In the lines below, look for "Bool". Copy each line where it appears.

(Extracted records)
↓
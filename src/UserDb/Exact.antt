-- ===== src/UserDb/Exact.antt =====
-- The parts of door_controller/user_db.c against the description of them in UserDb.Policy.
use osdp_roger_acs.Base.{
  ℕ, zero, suc, ◌+◌, ◌≤◌, ◌<◌, ◌≡◌, ◌⊎◌, ◌↔◌, inl, inr, refl, sym, ap, ◌∙◌, arith, List, [], ◌∷◌,
  ◌++◌, Option, none, some, true, false, Bool-cases, Option-cases, on_some,
}
use osdp_roger_acs.Base.{
  ◌==◌, ==_iff, ◌&&◌, not, ltb, leb, length, take, drop, drop-append, length-append,
}
use mathlib.Core.Option.{some-injective}
use osdp_roger_acs.Door.{Text, text_eq, max_card_len}
use osdp_roger_acs.Door.Names.{text_eq-eq, text_eq_refl}
use osdp_roger_acs.Door.Auth.{mode_pin, mode_card_and_pin, mode_card_and_pin_always}
use osdp_roger_acs.UserDb.{
  Row, Query, Libraries, hex, card_text, pin_text, find_percent, subdoor, wrong_pin, pin_refused,
  uses_pin, uses_card, query_of,
}
use osdp_roger_acs.UserDb.Policy.{
  two_digits, pin_sum, card_name, AsksCard, AsksFor, for_pin, for_card, HasPin, NoPercent,
  AtSubdoor, whole, numbered,
}
use native.Mathlib.Decide.{ℕ_discrete}
use osdp_roger_acs.UserDb.Rows.{pin_md5_of, card_of}
use osdp_roger_acs.Base.{take-drop, length-take}

hex-two_digits : (ten : ℕ) (bs : List ℕ) → hex ten bs ≡ two_digits ten bs
unfolding hex
hex-two_digits ten [] = refl
hex-two_digits ten (b ∷ bs) = rw (hex-two_digits ten bs) refl

pub pin_text-eq :
    (lib : Libraries) (pin : List ℕ) (n : ℕ) → pin_text lib.md5 pin n ≡ pin_sum lib pin n
unfolding pin_text
pin_text-eq lib pin n = hex-two_digits 0x61 (take 16 (lib.md5 (take n pin)))

pub card_text-eq :
    (lib : Libraries) (card : List ℕ) (n : ℕ) → card_text lib.trash card n ≡ card_name lib card n
unfolding card_text
card_text-eq lib card zero = refl
card_text-eq lib card (suc n) =
    let some_byte : ltb 0 (suc n) ≡ true = ground arith in
    rw some_byte (hex-two_digits 0x41 (take (suc n) card))

-- The query of a mode.
abbrev Asked : ℕ → Text → Text → Text → Query → Type 0
Asked mode name pin card q =
    ((mode ≡ mode_pin) × (268 + length name + length pin < 500) × (q ≡ Query.by_pin name pin))
    ⊎ (AsksCard mode × (269 + length name + length card < 500) × (q ≡ Query.by_card name card))

query_of-Asked :
    (mode : ℕ) (name pin card : Text) (q : Query)
    → query_of mode name pin card ≡ some q
    → Asked mode name pin card q
unfolding query_of uses_card
query_of-Asked mode name pin card q h = ground (arith, h)

Asked-query_of :
    (mode : ℕ) (name pin card : Text) (q : Query)
    → Asked mode name pin card q
    → query_of mode name pin card ≡ some q
unfolding query_of uses_card
Asked-query_of mode name pin card q a = ground (arith, a)

-- Where a percent sign is found.
find_percent-none : (name : Text) → (find_percent name ≡ none) ↔ NoPercent name
unfolding find_percent
find_percent-none [] = (λ h. tt, λ h. refl)
find_percent-none (c ∷ cs) =
    let rest = find_percent-none cs in (λ h. ground (arith, h, rest), λ h. ground (arith, h, rest))

find_percent-some :
    (name : Text) (i : ℕ)
    → find_percent name ≡ some i
    → (before : Text) × (after : Text) × NoPercent before
      × (name ≡ before ++ b'%' ∷ after)
      × (length before ≡ i)
unfolding find_percent
find_percent-some [] i h = absurd (ground arith)
find_percent-some (c ∷ cs) i h = elim (Bool-cases (c == 0x25)) [
  | inl e ↦ ([], cs, tt, ap (λ x. x ∷ cs) ((==_iff c 0x25).0 e), some-injective _ _ (rw e at h))
  | inr e ↦ on_some (find_percent cs) (rw e at h) λ j f g.
      let (before, after, clean, same, size) = find_percent-some cs j f in
      (
        c ∷ before,
        after,
        (λ z. absurd (ground (arith, e, z)), clean),
        ap (◌∷◌ c) same,
        ap suc size ∙ some-injective _ _ g,
      )
]

find_percent-first :
    (before after : Text)
    → NoPercent before
    → find_percent (before ++ b'%' ∷ after) ≡ some (length before)
unfolding find_percent
find_percent-first [] after h = refl
find_percent-first (c ∷ cs) after h = ground (arith, h, find_percent-first cs after)

-- `%`-numbers of rows.
pub subdoor-AtSubdoor :
    (lib : Libraries) (name : Text) (door : Option Text) (k : ℕ)
    → subdoor lib.atoi name door ≡ some k
    → AtSubdoor lib name door k
unfolding subdoor
subdoor-AtSubdoor lib name door k h = elim (Option-cases (find_percent name)) [
  | inl e ↦ whole ((find_percent-none name).0 e) (sym (some-injective _ _ (rw (e, subdoor) at h)))
  | inr (i, e) ↦
      let (before, after, clean, same, size) = find_percent-some name i e in
      on_some door (rw (e, subdoor) at h) λ text f g. elim (Bool-cases (leb i (length text))) [
        | inr out ↦ absurd (ground (arith, rw out at g))
        | inl inside ↦ on_some (lib.atoi (drop i text)) (rw inside at g) λ n at l.
            elim (Bool-cases (ltb n 32)) [
              | inr large ↦ absurd (ground (arith, rw large at l))
              | inl small ↦
                  let is : n ≡ k = some-injective _ _ (rw small at l) in
                  numbered before after (take i text) (drop i text) clean same
                    (f ∙ ap some (sym (take-drop i text)))
                    (let long : i ≤ length text = ground (arith, inside) in
                      omega (arith, length-take {0} i text, long, size))
                    (rw is at at) (ground (arith, is))
            ]
      ]
]

pub AtSubdoor-subdoor :
    (lib : Libraries) (name : Text) (door : Option Text) (k : ℕ)
    → AtSubdoor lib name door k
    → subdoor lib.atoi name door ≡ some k
unfolding subdoor
AtSubdoor-subdoor lib name door k (whole clean z) =
    rw ((find_percent-none name).1 clean, subdoor) (ap some (sym z))
AtSubdoor-subdoor lib name door k
      (numbered before after front number clean same at size found small) =
    let inside : leb (length front) (length (front ++ number)) ≡ true =
      ground (arith, length-append {0} front number) in
    let fits : ltb k 32 ≡ true = ground arith in
    rw (same, at)
      (rw (find_percent-first before after clean, subdoor)
        (rw (← size) (rw (inside, drop-append front number) (rw (found, fits) refl))))

-- The PIN of a row.
wrong_pin-false :
    (sum : Text) (row : Row) → (wrong_pin sum row ≡ some false) ↔ (row.user_pin ≡ some sum)
unfolding wrong_pin
wrong_pin-false sum row = (
  λ h. on_some row.user_pin h λ text f g. elim (Bool-cases (text_eq text sum)) [
    | inl e ↦ f ∙ ap some (text_eq-eq text sum e)
    | inr e ↦ absurd (ground (arith, rw e at g))
  ],
  λ h. rw h (rw (text_eq_refl sum) refl),
)

empty_or_allowed :
    (text : Text) (allowed : ℕ)
    → (some (not (text_eq text []) && not (allowed == 1)) ≡ some false)
      ↔ ((text ≡ []) ⊎ (allowed ≡ 1))
empty_or_allowed [] allowed = (λ h. inl refl, λ how. refl)
empty_or_allowed (c ∷ s) allowed = (
  λ h. inr (ground (arith, h)),
  λ how. elim how [ inl e ↦ absurd (ground (arith, e)) | inr e ↦ ground (arith, e) ],
)

-- Without a sum to compare with, an empty PIN is right, and any where the row may do without.
without-false :
    (row : Row)
    → (pin_refused mode_card_and_pin [] row ≡ some false)
      ↔ ((text : Text) × (row.user_pin ≡ some text) × ((text ≡ []) ⊎ (row.allow_no_pin ≡ 1)))
unfolding pin_refused wrong_pin
without-false row = (
  λ h. elim (Option-cases row.user_pin) [
    | inl e ↦ absurd (ground (arith, rw (e, pin_refused, wrong_pin) at h))
    | inr (text, e) ↦
        (text, e, (empty_or_allowed text row.allow_no_pin).0 (rw (e, pin_refused, wrong_pin) at h))
  ],
  λ (text, f, how). rw f ((empty_or_allowed text row.allow_no_pin).1 how),
)

-- A row that is not refused, in each mode.
pub pin_refused-HasPin :
    (lib : Libraries) (pin : List ℕ) (pin_len mode : ℕ) (row : Row)
    → (pin_refused mode (pin_md5_of lib pin pin_len mode) row ≡ some false)
      ↔ HasPin lib pin pin_len mode row
unfolding pin_refused uses_pin
pin_refused-HasPin lib pin pin_len mode row = elim (ℕ_discrete mode mode_card_and_pin_always) [
  | yes e ↦
      let right = wrong_pin-false (pin_sum lib pin pin_len) row in
      rw (e, pin_text-eq lib pin pin_len)
        (
          λ h. record { always = λ m. right.0 h; card_first = λ m. absurd (ground arith) },
          λ h. right.1 (h.always refl),
        )
  | no not_always ↦ elim (ℕ_discrete mode mode_card_and_pin) [
    | yes e ↦
        let right = without-false row in
        rw e (
          λ h. record { always = λ m. absurd (ground arith); card_first = λ m. right.0 h },
          λ h. right.1 (h.card_first refl),
        )
    | no other ↦ (
      λ h. record { always = λ m. absurd (not_always m); card_first = λ m. absurd (other m) },
      λ h. ground (arith, not_always, other),
    )
  ]
]

-- The query that is asked, of the texts that are asked for.
pub query_of-AsksFor :
    (lib : Libraries) (pin : List ℕ) (pin_len : ℕ) (card : List ℕ) (card_len mode : ℕ) (name : Text)
    (q : Query)
    → (uses_card mode && ltb max_card_len card_len) ≡ false
    → query_of mode name (pin_md5_of lib pin pin_len mode) (card_of lib card card_len mode) ≡ some q
    → AsksFor lib pin pin_len card card_len mode name q
unfolding uses_pin uses_card
query_of-AsksFor lib pin pin_len card card_len mode name q fits h =
    elim (query_of-Asked mode name _ _ q h) [
      | inl (m, short, e) ↦
          let same : pin_md5_of lib pin pin_len mode ≡ pin_sum lib pin pin_len =
            rw m (pin_text-eq lib pin pin_len) in
          rw (e, same) (for_pin m (rw same at short))
      | inr (m, short, e) ↦
          let uses : uses_card mode ≡ true = ground (arith, m) in
          let same : card_of lib card card_len mode ≡ card_name lib card card_len =
            rw uses (card_text-eq lib card card_len) in
          rw (e, same) (for_card m (ground (arith, fits, uses)) (rw same at short))
    ]

pub AsksFor-query_of :
    (lib : Libraries) (pin : List ℕ) (pin_len : ℕ) (card : List ℕ) (card_len mode : ℕ) (name : Text)
    (q : Query)
    → AsksFor lib pin pin_len card card_len mode name q
    → ((uses_card mode && ltb max_card_len card_len) ≡ false)
      × (query_of mode name (pin_md5_of lib pin pin_len mode) (card_of lib card card_len mode)
          ≡ some q)
unfolding uses_pin uses_card
AsksFor-query_of lib pin pin_len card card_len mode name _ (for_pin m short) =
    let same : pin_md5_of lib pin pin_len mode ≡ pin_sum lib pin pin_len =
      rw m (pin_text-eq lib pin pin_len) in
    (
      ground (arith, m),
      rw same (Asked-query_of mode name (pin_sum lib pin pin_len) _ _ (inl (m, short, refl))),
    )
AsksFor-query_of lib pin pin_len card card_len mode name _ (for_card m fits short) =
    let uses : uses_card mode ≡ true = ground (arith, m) in
    let same : card_of lib card card_len mode ≡ card_name lib card card_len =
      rw uses (card_text-eq lib card card_len) in
    (
      ground (arith, fits),
      rw same (Asked-query_of mode name _ (card_name lib card card_len) _ (inr (m, short, refl))),
    )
↑
_Solution_:
  ◌++◌, Option, none, some, true, false, Bool-cases, Option-cases, on_some,
find_percent-some (c ∷ cs) i h = elim (Bool-cases (c == 0x25)) [
      on_some door (rw (e, subdoor) at h) λ text f g. elim (Bool-cases (leb i (length text))) [
            elim (Bool-cases (ltb n 32)) [
  λ h. on_some row.user_pin h λ text f g. elim (Bool-cases (text_eq text sum)) [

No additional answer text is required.